Other Health Benefits of Guavas
1. Guavas Contribute to Heart Health
A 12 week study of 120 patients with high blood pressure revealed that those who consumed guava fruit before meals showed significant decreases in blood pressure and triglyceride levels. Total serum cholesterol levels also decreased by 9.9%, while HDL (good) cholesterol levels increased by 8%. Other clinical trials with hypertensive patients who ate guavas showed similar heart benefits, which are thought to be attributable to the soluble fiber and potassium content of the fruit.
2. Guavas Relieve Menstrual Cramps
Although menstrual pain or dysmenorrhea is often considered a young woman’s ailment, it also afflicts older women and can worsen with age and multiple pregnancies. A double-blind clinical trial of 197 women tested the efficacy of 6 mg doses of guava extract and found that it “reduced menstrual pain significantly,” even more so than ibuprofen.
3. Guavas Benefit the Digestive System
Eating guavas promotes bowel health and relieves constipation and guava leaf extract has antimicrobial properties, which helps control harmful gut microbes. One clinical study evaluated a drug made from guava leaves that was administered to 50 patients suffering from diarrhea and discovered that after only three days the duration of abdominal pain decreased.
4. Guavas Help Boost Immunity
The mega dose of Vitamin C in guavas strengthens our immune systems which become less robust with age and also reduces the duration of the common cold. Their antimicrobial qualities also help to destroy harmful bacteria and viruses that can lead to infections.
How to Enjoy Guavas
Guavas are delicious eaten raw. Select a soft, fragrant one and wash it thoroughly since the rind is edible. Then slice the fruit in half and either eat it as is or scoop out the seeds if you prefer to discard them. If you want to spice it up, add soy sauce, salt and pepper, cayenne, or curry powder.
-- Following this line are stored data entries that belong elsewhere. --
-- ===== src/Manifest/Cycle/Invariant.antt =====
-- What `visit` keeps true of the marks and the stack, and what the fuel pays for.
use chromifer.Base.{
  String, ◌≡◌, ◌∙◌, refl, false, Option, none, some, List, [], ◌∷◌, ◌++◌, inl, inr, In, In-append,
  arith, if◌then◌else◌, string_ord, Bool-cases, subst,
}
use chromifer.Base.Sets.{get, same, same_iff, get-put}
use chromifer.Manifest.Cycle.{Graph, Mark, active, complete, Search, enter, leave, pop}
use chromifer.Manifest.Cycle.Walks.{Edge, Walk, one, more}

-- The mark of `x`
abbrev pub mark : Search → String → Option Mark
mark s x = get s.states x

pub pop-snoc : (xs : List String) (x : String) → pop (xs ++ x ∷ []) ≡ xs
unfolding pop
pop-snoc [] x = refl
pop-snoc (y ∷ []) x = refl
pop-snoc (y ∷ z ∷ xs) x = rw (pop-snoc (z ∷ xs) x)

-- The marks that a search has set stay, and the stack is as it was.
pub record After (s t : Search) : Type 0 where
  pub stack : t.stack ≡ s.stack
  pub active_stays : (x : String) → mark s x ≡ some active → mark t x ≡ some active
  pub complete_stays : (x : String) → mark s x ≡ some complete → mark t x ≡ some complete

pub After-refl : (s : Search) → After s s
After-refl s = record { stack = refl; active_stays = λ x h. h; complete_stays = λ x h. h }

pub After-trans : {s t u : Search} → After s t → After t u → After s u
After-trans a b = record {
  stack = b.stack ∙ a.stack;
  active_stays = λ x h. b.active_stays x (a.active_stays x h);
  complete_stays = λ x h. b.complete_stays x (a.complete_stays x h);
}

pub mark-enter :
    (id x : String) (s : Search)
    → mark (enter id s) x ≡ (if same x id then some active else mark s x)
unfolding enter
mark-enter id x s = get-put id x active s.states

mark-leave :
    (id x : String) (s : Search)
    → mark (leave id s) x ≡ (if same x id then some complete else mark s x)
unfolding leave
mark-leave id x s = get-put id x complete s.states

pub mark-enter_self : (id : String) (s : Search) → mark (enter id s) id ≡ some active
mark-enter_self id s = ground (arith, mark-enter id id s, same_iff id id)

pub mark-leave_self : (id : String) (s : Search) → mark (leave id s) id ≡ some complete
mark-leave_self id s = ground (arith, mark-leave id id s, same_iff id id)

-- Marking a new id, a search behind it, and unmarking it
pub After-leave :
    (id : String) (s t : Search) → mark s id ≡ none → After (enter id s) t → After s (leave id t)
After-leave id s t new a = record {
  stack = unfold enter leave in rw a.stack (pop-snoc s.stack id);
  active_stays =
      λ x h. ground (arith, mark-leave id x t, mark-enter id x s, a.active_stays x, same_iff x id);
  complete_stays = λ x h.
      ground (arith, mark-leave id x t, mark-enter id x s, a.complete_stays x, same_iff x id);
}

module _ (graph : Graph) where
  pub record Inv (s : Search) : Type 0 where
    pub on_stack : (x : String) → mark s x ≡ some active → In x s.stack
    pub closed :
        (x y : String) → mark s x ≡ some complete → Edge graph x y → mark s y ≡ some complete
    pub acyclic : (x : String) → mark s x ≡ some complete → ¬ Walk (Edge graph) x x

  pub enter-Inv : (id : String) (s : Search) → mark s id ≡ none → Inv s → Inv (enter id s)
  enter-Inv id s new h = record {
    on_stack = λ x e.
        unfold enter in
        (In-append x s.stack (id ∷ [])).1 (elim (Bool-cases (same x id)) [
          | inl q ↦ inr (inl ((same_iff x id).0 q))
          | inr q ↦ inl (h.on_stack x (ground (arith, mark-enter id x s)))
        ]);
    closed = λ x y e m.
        ground
          (arith, mark-enter id x s, mark-enter id y s, h.closed x y, same_iff x id, same_iff y id);
    acyclic = λ x e. h.acyclic x (ground (arith, mark-enter id x s, same_iff x id));
  }

  -- A walk from a complete id stays among the complete ones.
  Walk-complete :
      {s : Search} {x y : String}
      → Inv s
      → mark s x ≡ some complete
      → Walk (Edge graph) x y
      → mark s y ≡ some complete
  Walk-complete h e (one m) = h.closed _ _ e m
  Walk-complete h e (more m w) = Walk-complete h (h.closed _ _ e m) w

  not-Walk_self :
      (id : String) (t : Search)
      → mark t id ≡ some active
      → ((d : String) → Edge graph id d → mark t d ≡ some complete)
      → Inv t
      → ¬ Walk (Edge graph) id id
  not-Walk_self id t act done h (one m) = cc (done id m)
  not-Walk_self id t act done h (more {b = d} m w) = cc (Walk-complete h (done d m) w)

  stays_on_stack :
      (id x : String) (stack : List String) (t : Search)
      → t.stack ≡ stack ++ id ∷ []
      → same x id ≡ false
      → In x t.stack
      → In x (leave id t).stack
  stays_on_stack id x stack t e other m =
      unfold leave in
      rw (e, pop-snoc stack id)
        (elim ((In-append x stack (id ∷ [])).0 (subst (In x) e m)) [
          | inl r ↦ r
          | inr r ↦ elim r [ inl q ↦ absurd (ground (arith, same_iff x id)) | inr n ↦ elim n [ ] ]
        ])

  pub leave-Inv :
      (id : String) (stack : List String) (t : Search)
      → t.stack ≡ stack ++ id ∷ []
      → mark t id ≡ some active
      → ((d : String) → Edge graph id d → mark t d ≡ some complete)
      → Inv t
      → Inv (leave id t)
  leave-Inv id stack t e act done h = record {
    on_stack = λ x k.
        let other : same x id ≡ false = ground (arith, mark-leave id x t) in
        let kept : mark t x ≡ some active = ground (arith, mark-leave id x t) in
        stays_on_stack id x stack t e other (h.on_stack x kept);
    closed = λ x y k m. ground (
      arith,
      mark-leave id x t,
      mark-leave id y t,
      h.closed x y,
      same_iff x id,
      same_iff y id,
      done y,
    );
    acyclic = λ x k. elim (Bool-cases (same x id)) [
      | inl q ↦ rw ((same_iff x id).0 q) (not-Walk_self id t act done h)
      | inr q ↦ h.acyclic x (ground (arith, mark-leave id x t))
    ];
  }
Since guavas are high in pectin, a natural thickener, the fruit is often used to make jams, sauces, and relishes. Guava jams, like one made by Goya Products, are available in specialty stores. You can also make jam at home in a little more than an hour with this recipe from Genius Kitchen. This unique fruit also shines in desserts including ice creams, puddings, pies, and cakes. Southern Californians wait in long lines at Porto’s Bakery locations to get their hands on scrumptious guava filled rolls and strudels. The juice is widely available and is being added to cocktails such as this Pink Guava Mimosa and in smoothies as in this Strawberry & Guava Smoothie recipe created by Chef Vicky Ratani, host of the popular show “Vicky Goes Veg.” Guava paste can be used to make tasty barbeque glazes for your favorite meat or to brush on grilled shrimp.